◆ Task instructions
How many lines in the records below include "gone"? Answer with the number only.

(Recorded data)
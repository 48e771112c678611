-- ===== src/OpenFlow/PortCache/Laws.antt =====
-- The port cache as a map from pods to ports.
use k_vswitch.Prelude.{
  ◌≡◌, refl, ap, sym, ◌∙◌, ◌≢◌, String, Option, none, some, List, [], ◌∷◌, arith, str_eq, eq_iff,
  if◌then◌else◌, Bool-cases, inl, inr, All,
}
use k_vswitch.Text.{◌++◌, split}
use k_vswitch.Text.Laws.{Lacks, split-append, append_cancel_left}
use k_vswitch.Result.{Result, ok, err, panic}
use text.Mathlib.TextPositions.{eq_refl}
use k_vswitch.OpenFlow.Kube.{Pod}
use k_vswitch.OpenFlow.Ovs.{Ovs, PortInfo, port_info_of}
use k_vswitch.OpenFlow.PortCache.{
  PortCache, port_cache_key_for_pod, lookup, without, store_info, remember, from_cache,
  get_port_info, del_port_info,
}

lookup-without :
    (gone wanted : String) (entries : List (String × PortInfo))
    → lookup wanted (without gone entries)
      ≡ (if str_eq gone wanted then none else lookup wanted entries)
unfolding lookup without
lookup-without gone wanted [] = ground arith
lookup-without gone wanted ((name, info) ∷ rest) =
    let tail = lookup-without gone wanted rest in
    ground (arith, tail, eq_iff gone wanted, eq_iff name wanted, eq_iff name gone)

-- Different pods have different keys, since a namespace holds no slash.
pub port_cache_key-injective :
    (p q : Pod)
    → Lacks "/" p.namespace
    → Lacks "/" q.namespace
    → port_cache_key_for_pod p ≡ port_cache_key_for_pod q
    → (p.namespace ≡ q.namespace) × (p.name ≡ q.name)
unfolding port_cache_key_for_pod
port_cache_key-injective p q hp hq e =
    let first : (p.namespace ∷ split "/" p.name) ≡ (q.namespace ∷ split "/" q.name) =
      sym (split-append "/" p.namespace p.name hp)
      ∙ ap (split "/") e
      ∙ split-append "/" q.namespace q.name hq in
    let same : p.namespace ≡ q.namespace = cc first in
    (
      same,
      append_cancel_left "/" p.name q.name (
          append_cancel_left q.namespace ("/" ++ p.name) ("/" ++ q.name)
            (ap (λ n. n ++ "/" ++ p.name) (sym same) ∙ e)),
    )

module _ (pod : Pod) where
  abbrev key : String
  key = port_cache_key_for_pod pod

  hit_again :
      (later : Ovs) (s : PortCache) (info : PortInfo)
      → lookup key s.store ≡ some info
      → get_port_info later pod s ≡ (ok info, s)
  unfolding get_port_info
  hit_again later s info h = rw h

  lookup-store_info :
      (info : PortInfo) (s : PortCache) → lookup key (store_info key info s).store ≡ some info
  unfolding lookup
  lookup-store_info info s = rw (eq_refl key)

  remember-lookup :
      (r : Result PortInfo) (s s' : PortCache) (info : PortInfo)
      → remember pod r s ≡ (ok info, s')
      → lookup key s'.store ≡ some info
  unfolding remember
  remember-lookup (ok i) s s' info h =
      rw (← ap (λ (x : Result PortInfo × PortCache). x.1) h) (lookup-store_info i s ∙ cc h)
  remember-lookup (err e) s s' info h = cc
  remember-lookup panic s s' info h = cc

  from_cache-lookup :
      (ovs : Ovs) (o : Option PortInfo) (s s' : PortCache) (info : PortInfo)
      → lookup key s.store ≡ o
      → from_cache ovs pod o s ≡ (ok info, s')
      → lookup key s'.store ≡ some info
  unfolding from_cache
  from_cache-lookup ovs (some port) s s' info e h =
      rw (← ap (λ (x : Result PortInfo × PortCache). x.1) h) (e ∙ cc h)
  from_cache-lookup ovs none s s' info e h =
      remember-lookup (port_info_of ovs pod.namespace pod.name) s s' info h

  remember-ne :
      (r : Result PortInfo) (s : PortCache) (other : String)
      → key ≢ other
      → lookup other (remember pod r s).1.store ≡ lookup other s.store
  unfolding remember lookup
  remember-ne (ok i) s other n = ground (arith, eq_iff key other, lookup-without key other s.store)
  remember-ne (err e) s other n = refl
  remember-ne panic s other n = refl

  from_cache-ne :
      (ovs : Ovs) (o : Option PortInfo) (s : PortCache) (other : String)
      → key ≢ other
      → lookup other (from_cache ovs pod o s).1.store ≡ lookup other s.store
  unfolding from_cache
  from_cache-ne ovs (some port) s other n = refl
  from_cache-ne ovs none s other n = remember-ne (port_info_of ovs pod.namespace pod.name) s other n

  -- A query, answered or failed, leaves the entries of other keys as they were, and so does a
  -- deletion, which drops the entry of its own pod.
  pub port_cache_frame :
      (ovs : Ovs) (s : PortCache) (other : String)
      → key ≢ other
      → (lookup other (get_port_info ovs pod s).1.store ≡ lookup other s.store)
        × (lookup other (del_port_info pod s).store ≡ lookup other s.store)
        × (lookup key (del_port_info pod s).store ≡ none)
  unfolding get_port_info del_port_info
  port_cache_frame ovs s other n = (
    from_cache-ne ovs (lookup key s.store) s other n,
    ground (arith, eq_iff key other, lookup-without key other s.store),
    ground (arith, eq_iff key key, lookup-without key key s.store),
  )

-- Asking for a port panics only where asking ovs-vsctl does.
pub get_port_info-panics :
    (ovs : Ovs) (pod : Pod) (s : PortCache)
    → port_info_of ovs pod.namespace pod.name ≢ panic
    → (get_port_info ovs pod s).0 ≢ panic
unfolding get_port_info from_cache remember
get_port_info-panics ovs pod s h = from_found (lookup (port_cache_key_for_pod pod) s.store)
  where
    remembered : (r : Result PortInfo) → r ≢ panic → (remember pod r s).0 ≢ panic
    remembered (ok info) k e = cc
    remembered (err e') k e = cc
    remembered panic k e = k refl

    from_found : (found : Option PortInfo) → (from_cache ovs pod found s).0 ≢ panic
    from_found (some info) e = cc
    from_found none e = remembered (port_info_of ovs pod.namespace pod.name) h e

-- What is done to the cache: queries, whatever ovs-vsctl answers to each, and deletions.
pub data Use : Type 0 where
  queries : Ovs → Pod → Use
  deletes : Pod → Use

abbrev pub run_uses : List Use → PortCache → PortCache
run_uses [] s = s
run_uses (queries ovs p ∷ uses) s = run_uses uses (get_port_info ovs p s).1
run_uses (deletes p ∷ uses) s = run_uses uses (del_port_info p s)

-- the pod's key is not deleted; it may be asked for
abbrev pub Spares : Pod → Use → Type 0
Spares pod (queries ovs p) = Unit
Spares pod (deletes p) = port_cache_key_for_pod p ≢ port_cache_key_for_pod pod

abbrev no_ovs : Ovs
no_ovs = record { vsctl = λ args. panic; decode = λ text. panic }

module _ (pod : Pod) (info : PortInfo) where
  abbrev Holds : PortCache → Type 0
  Holds s = lookup (port_cache_key_for_pod pod) s.store ≡ some info

  query-Holds : (ovs : Ovs) (p : Pod) (s : PortCache) → Holds s → Holds (get_port_info ovs p s).1
  query-Holds ovs p s h =
      elim (Bool-cases (str_eq (port_cache_key_for_pod p) (port_cache_key_for_pod pod))) [
        | inl e ↦
            let same : port_cache_key_for_pod p ≡ port_cache_key_for_pod pod = (eq_iff _ _).0 e in
            let found : lookup (port_cache_key_for_pod p) s.store ≡ some info =
              ap (λ k. lookup k s.store) same ∙ h in
            ap (λ (x : Result PortInfo × PortCache). lookup (port_cache_key_for_pod pod) x.1.store)
              (hit_again p ovs s info found)
            ∙ h
        | inr e ↦
            (port_cache_frame p ovs s (port_cache_key_for_pod pod) (λ q.
              ground (arith, eq_iff (port_cache_key_for_pod p) (port_cache_key_for_pod pod)))).0
            ∙ h
      ]

  uses-Holds :
      (uses : List Use) (s : PortCache) → All (Spares pod) uses → Holds s → Holds (run_uses uses s)
  uses-Holds [] s spared h = h
  uses-Holds (queries ovs p ∷ uses) s (spared, rest) h =
      uses-Holds uses (get_port_info ovs p s).1 rest (query-Holds ovs p s h)
  uses-Holds (deletes p ∷ uses) s (spared, rest) h =
      uses-Holds uses (del_port_info p s) rest
        ((port_cache_frame p no_ovs s (port_cache_key_for_pod pod) spared).1 ∙ h)

  -- What a successful query returned is what every later query of the pod returns, until its key is
  -- deleted: whatever is asked and deleted for other pods in between, no later answer of ovs-vsctl
  -- is looked at, and the query leaves the cache as it is.
  pub get_port_info-cached :
      (ovs later : Ovs) (s s' : PortCache) (uses : List Use)
      → get_port_info ovs pod s ≡ (ok info, s')
      → All (Spares pod) uses
      → get_port_info later pod (run_uses uses s') ≡ (ok info, run_uses uses s')
  get_port_info-cached ovs later s s' uses h spared = hit_again pod later (run_uses uses s') info (
      uses-Holds uses s' spared (
        from_cache-lookup pod ovs (lookup (port_cache_key_for_pod pod) s.store) s s' info refl
          (unfold get_port_info in h)))

-- a pod whose port ovs-vsctl tells is answered for, from the cache or anew
pub get_port_info-known :
    (ovs : Ovs) (pod : Pod) (p : PortCache) (info : PortInfo)
    → port_info_of ovs pod.namespace pod.name ≡ ok info
    → (port : PortInfo) × ((get_port_info ovs pod p).0 ≡ ok port)
unfolding get_port_info from_cache remember
get_port_info-known ovs pod p info h = by_entry (lookup (port_cache_key_for_pod pod) p.store)
  where
    by_entry : (o : Option PortInfo) → (port : PortInfo) × ((from_cache ovs pod o p).0 ≡ ok port)
    by_entry (some port) = (port, refl)
    by_entry none = (info, ap (λ r. (remember pod r p).0) h)
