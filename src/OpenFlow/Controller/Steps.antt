-- ===== src/OpenFlow/Controller/Steps.antt =====
-- `flowsForPod` and `flowsForNetworkPolicy` of controllers/openflow/flows.go: the flows of one pod
-- and of one policy.
use k_vswitch.Prelude.{
  ◌≡◌, refl, ap, ◌≢◌, inl, inr, Bool-cases, String, true, false, ◌&&◌, List, [], ◌∷◌, All,
  if◌then◌else◌,
}
use k_vswitch.Text.{non_empty}
use k_vswitch.Net.{IpNet, parse_ip, parse_cidr, contains}
use k_vswitch.Result.{Result, ok, err, panic, context}
use k_vswitch.Exec.{logged_result, ◌>>=◌, ◌>>◌, logged, lift, continue}
use k_vswitch.Flows.{Flow}
use k_vswitch.Flows.Buffer.{add_flow, FlowsBuffer, Command}
use k_vswitch.Flows.Buffer.Emits.{put_flows}
use k_vswitch.OpenFlow.Kube.{Pod, NetworkPolicy, from_set, Listing, listed, failed}
use k_vswitch.OpenFlow.Config.{pod_mac_addr, Config}
use k_vswitch.OpenFlow.Bridge.{arp_responder}
use k_vswitch.OpenFlow.Policy.{
  ingress, egress, flows_for_ingress_network_policy, flows_for_egress_network_policy,
}
use k_vswitch.OpenFlow.Policy.Flows.{HasPorts, direction_flows-Emits}
use k_vswitch.OpenFlow.Policy.Table.{policy_list}
use k_vswitch.OpenFlow.Ovs.{Ovs, PortInfo, port_info_of}
use k_vswitch.OpenFlow.PortCache.{PortCache, get_port_info}
use k_vswitch.OpenFlow.PortCache.Laws.{get_port_info-panics}
use k_vswitch.OpenFlow.Controller.{
  listing, Env, on_flows, is_local_ip, local_pod_ips, pod_port_flow, local_pod, flows_for_pod,
  flows_for_network_policy,
}
use k_vswitch.OpenFlow.Controller.Adds.{controller, Adds, Adds-skip, Adds-on_flows, Adds-seq}

-- the flows of a pod, by the answer about its port
abbrev pub of_answer : Pod → Result PortInfo × PortCache → List Flow × PortCache
of_answer pod (ok info, q) =
    (pod_port_flow pod.pod_ip info.ofport ∷ arp_responder pod.pod_ip pod_mac_addr ∷ [], q)
of_answer pod (err e, q) = ([], q)
of_answer pod (panic, q) = ([], q)

-- A pod with an address of the node's block has a flow to its port and one for ARP; a pod whose
-- port is not known has none.
abbrev pub pod_list : Ovs → IpNet → Pod → PortCache → List Flow × PortCache
pod_list ovs net pod p =
    if non_empty pod.pod_ip && contains net (parse_ip pod.pod_ip)
    then of_answer pod (get_port_info ovs pod p)
    else ([], p)

-- The policy's flows, for those of its pods that are on the node.
abbrev pub policy_list_of : Env → Config → NetworkPolicy → Listing Pod → List Flow
policy_list_of env c np (listed pods) = policy_list env.lookup (np, local_pod_ips c pods)
policy_list_of env c np (failed e) = []

abbrev pub network_policy_list : Env → Config → NetworkPolicy → List Flow
network_policy_list env c np =
    policy_list_of env c np (env.lookup.list_pods_in np.namespace (from_set np.pod_selector))

-- no output of ovs-vsctl decodes to a row with no column
abbrev pub Answers : Ovs → Type 0
Answers ovs = (namespace name : String) → port_info_of ovs namespace name ≢ panic

abbrev pub IsComplete : NetworkPolicy → Type 0
IsComplete np = All HasPorts np.ingress × All HasPorts np.egress

module _ (env : Env) (c : Config) (net : IpNet) (is_net : parse_cidr c.pod_cidr ≡ ok net) where
  pub is_local_ip_lem : (ip : String) → is_local_ip c ip ≡ ok (contains net (parse_ip ip))
  unfolding is_local_ip
  is_local_ip_lem ip = rw (is_local_ip, is_net) refl

  answer_lem :
      (pod : Pod) (a : Result PortInfo × PortCache) (b : FlowsBuffer) (i : List Command)
      → a.0 ≢ panic
      → logged_result (
          continue
            (context "error checking port info for pod" a.0)
            (λ info.
              on_flows (add_flow (pod_port_flow pod.pod_ip info.ofport))
              >> on_flows (add_flow (arp_responder pod.pod_ip pod_mac_addr)))
            (controller c b a.1 i))
        ≡ (ok tt, controller c (put_flows (of_answer pod a).0 b) (of_answer pod a).1 i)
  answer_lem pod (ok info, q) b i h = refl
  answer_lem pod (err e, q) b i h = refl
  answer_lem pod (panic, q) b i h = absurd (h refl)

  answer-Adds :
      (pod : Pod) (p : PortCache)
      → Answers env.ovs
      → Adds c p
          (logged (local_pod env pod true))
          (of_answer pod (get_port_info env.ovs pod p)).0
          (of_answer pod (get_port_info env.ovs pod p)).1
  unfolding local_pod
  answer-Adds pod p answers = record {
    at = λ b i.
        answer_lem pod (get_port_info env.ovs pod p) b i
          (get_port_info-panics env.ovs pod p (answers pod.namespace pod.name));
  }

  skip-Adds : (pod : Pod) (p : PortCache) → Adds c p (logged (local_pod env pod false)) [] p
  unfolding local_pod
  skip-Adds pod p = Adds-skip p

  pub pod-Adds :
      (pod : Pod)
      → Answers env.ovs
      → (p : PortCache)
      → Adds c p
          (logged (flows_for_pod env pod))
          (pod_list env.ovs net pod p).0
          (pod_list env.ovs net pod p).1
  unfolding flows_for_pod
  pod-Adds pod answers p = record {
    at = λ b i. elim (Bool-cases (non_empty pod.pod_ip)) [
      | inr e ↦ rw e refl
      | inl e ↦ elim (Bool-cases (contains net (parse_ip pod.pod_ip))) [
        | inl l ↦ rw (e, is_local_ip_lem pod.pod_ip, l) ((answer-Adds pod p answers).at b i)
        | inr l ↦ rw (e, is_local_ip_lem pod.pod_ip, l) ((skip-Adds pod p).at b i)
      ]
    ];
  }

  listed-Adds :
      (np : NetworkPolicy) (l : Listing Pod) (p : PortCache)
      → IsComplete np
      → Adds c p
          (logged (
            lift (listing "error listing pods by pod selector" l) >>= λ pods.
            let ips = local_pod_ips c pods in
            logged (on_flows (flows_for_ingress_network_policy env.lookup np ips))
            >> logged (on_flows (flows_for_egress_network_policy env.lookup np ips))))
          (policy_list_of env c np l)
          p
  unfolding flows_for_ingress_network_policy flows_for_egress_network_policy
  listed-Adds np (failed e) p set = record { at = λ b i. refl }
  listed-Adds np (listed pods) p (inset, outset) =
      let ips = local_pod_ips c pods in
      record {
        at = λ b i. ap logged_result (
            (Adds-seq
                (Adds-on_flows p (direction_flows-Emits env.lookup ingress np.ingress np ips inset))
                (Adds-on_flows p
                  (direction_flows-Emits env.lookup egress np.egress np ips outset))).at
              b i);
      }

  pub policy-Adds :
      (np : NetworkPolicy)
      → IsComplete np
      → (p : PortCache)
      → Adds c p (logged (flows_for_network_policy env np)) (network_policy_list env c np) p
  unfolding flows_for_network_policy
  policy-Adds np set p = record {
    at =
        (listed-Adds np (env.lookup.list_pods_in np.namespace (from_set np.pod_selector)) p set).at;
  }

◆ Response to the exercise
7